[Kennedy Square by F. Hopkinson Smith]@TWC D-Link book
Kennedy Square

CHAPTER XIX
12/14

Even then many doubting Thomases had cried out "Collusion," until Richard, rising in his seat, had not only endorsed the truth of the reading, but explained the invention, his statement silencing all opposition because of his well-known standing and knowledge of kindred sciences.
Richard's readings also, from which Kate was never absent, and which had now been resumed at his own house, greatly interested her.

These of late had been devoted to many of Poe's earlier poems and later tales, for despite the scene at St.George's the inventor had never ceased to believe in the poet.
And so with these occupations, studies, investigations, and social pleasures--she never missing a ball or party (Willits always managing to be with her)--and the spending of the summer months at the Red Sulphur, where she had been pursued by half a dozen admirers--one a titled Englishman--had the days and hours of the years of Harry's absence passed slowly away.
At the end of the second winter a slight change occurred in the monotony of her life.

Her constant, unwavering devotee, Langdon Willits, fell ill and had to be taken to the Eastern Shore, where the same old lot of bandages--that is of the same pattern--and the same loyal sister were impressed into service to nurse him back to health.

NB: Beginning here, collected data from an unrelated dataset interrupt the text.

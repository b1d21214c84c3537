-- ===== src/Examples/Batches.antt =====
-- Runs of pipeline/batch.go.
use file_d.Base.{◌<◌, ◌≡◌, refl, List, [], ◌∷◌, ◌++◌, arith, ok, err, length}
use file_d.Pipeline.Event.{Event}
use file_d.Pipeline.Batch.{Batch, not_ready, max_size_exceeded, reset, append, update_status}
use file_d.Pipeline.Batcher.{
  Batcher, new_batcher, get_batch, try_send_batch, add, take_at, send, work, commit_batch, adds,
  sends, works, commits, step,
}
use file_d.Pipeline.Batcher.Commits.{Reach, start, next, committed_prefix}
use file_d.Pipeline.Batcher.Channels.{flying, due, flying-eq-due, channels_have_room}
use file_d.Pipeline.Batcher.Delivery.{Drains, sealed-Drains}
use file_d.Examples.Streams.{line}

-- Two events make a batch, or 100 bytes do.
abbrev pair : Batch
pair = record {
  events = [];
  events_size = 0;
  seq = 0;
  timeout = 5;
  start_time = 0;
  max_size_count = 2;
  max_size_bytes = 100;
  status = not_ready;
}

abbrev half_full : Batch
half_full = record pair { events = line ∷ []; events_size = 40 }

-- One worker; two events are added, and the batch is sent, received and committed.
sealed : Batcher
unfolding new_batcher get_batch try_send_batch add reset append update_status
sealed = elim (add 0 (new_batcher 1 pair) line) [
  | ok s ↦ elim (add 1 s line) [ ok t ↦ t | err _ ↦ s ]
  | err _ ↦ new_batcher 1 pair
]

sealed-Reach : Reach 1 pair sealed
unfolding step sealed
sealed-Reach = next (adds 1 line) (next (adds 0 line) start (omega arith) refl) (omega arith) refl

committed_prefix_example : (rest : List Event) × (sealed.added ≡ sealed.committed ++ rest)
committed_prefix_example = committed_prefix 1 pair sealed sealed-Reach

flying-eq-due_example : flying 0 sealed ≡ due 0 sealed
flying-eq-due_example = flying-eq-due 1 pair sealed 0 sealed-Reach

channels_have_room_example :
    (0 < length sealed.sending → length sealed.full_batches < 1)
    × (0 < length sealed.working → length sealed.free_batches < 1)
channels_have_room_example = channels_have_room 1 pair sealed sealed-Reach

abbrev due_batch : Batch
due_batch = record pair { events = line ∷ line ∷ []; events_size = 80; status = max_size_exceeded }

sealed-Drains_example : Drains sealed
unfolding sealed
sealed-Drains_example = sealed-Drains 1 pair sealed sealed-Reach (omega arith) refl

-- After the commit both events are out.
commits_both : (t : Batcher) × (t.committed ≡ line ∷ line ∷ []) × Reach 1 pair t
unfolding step sealed send take_at work commit_batch
commits_both = (
  _,
  refl,
  next (commits 0) (next works (next (sends 0) sealed-Reach (omega arith) refl) (omega arith) refl)
      (omega arith) refl,
)
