-- ===== src/Examples/Decoded.antt =====
-- Runs of decoder/cri.go.
use file_d.Base.{ℕ, ◌≡◌, ◌≢◌, refl, Bytes, false, true, [], ◌∷◌, ◌++◌, codes, ok}
use file_d.Decoder.Cri.{
  CriRow, cri_line, decode_cri, field, cut_at, is_partial_tag, cut_log, decode_cri-cri_line,
}

abbrev time : Bytes
time = codes "2016-10-06T00:17:09.669794202Z"

abbrev row : CriRow
row = record { log = codes "log content"; time = time; stream = codes "stdout"; is_partial = true }

decoded : decode_cri (cri_line time (codes "stdout") (codes "P") (codes "log content\n")) ≡ ok row
unfolding decode_cri field cut_at is_partial_tag cut_log
decoded = refl

-- The tag of a whole log, `F`.
abbrev full_tag : ℕ
full_tag = b'F'

decode_cri-cri_line_example :
    (full_tag ≢ b'P'
      → decode_cri (cri_line time (codes "stderr") (full_tag ∷ []) (codes "log"))
        ≡ ok (record {
          log = codes "log";
          time = time;
          stream = codes "stderr";
          is_partial = false;
        }))
    × (full_tag ≡ b'P'
        → decode_cri (cri_line time (codes "stderr") (full_tag ∷ []) (codes "log" ++ 10 ∷ []))
          ≡ ok (record {
            log = codes "log";
            time = time;
            stream = codes "stderr";
            is_partial = true;
          }))
decode_cri-cri_line_example =
    decode_cri-cri_line time (codes "stderr") [] (codes "log") full_tag 10 refl refl refl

The furrow Harry's bullet had ploughed in his head still troubled him at times, especially in the hot weather, and a horseback ride beside Kate one August day, with the heat in the nineties, had started the subsoil of his cranium to aching with such vehemence that Teackle had promptly packed it in ice and ten days later its owner in blankets and had put them both aboard the bay boat bound for the Eastern Shore.
Whether this new irritant--and everything seemed to annoy her now--had begun to tell on our beautiful Kate, or whether the gayety of the winter both at home and in Washington, where she had spent some weeks during the season, had tired her out, certain it was that when the spring came the life had gone out of her step and the color from her cheeks.

Mammy Henny had noticed it and had coddled her the more, crooning and petting her; and her father had noticed it and had begun to be anxious, and at last St.George had stalked in and cried out in that breezy, joyous way of his that nothing daunted: "Here, you sweetheart!--what have you been doing to your cheeks--all the roses out of them and pale as two lilies--and you never out of bed until twelve o'clock in the day and looking then as if you hadn't had a wink of sleep all night.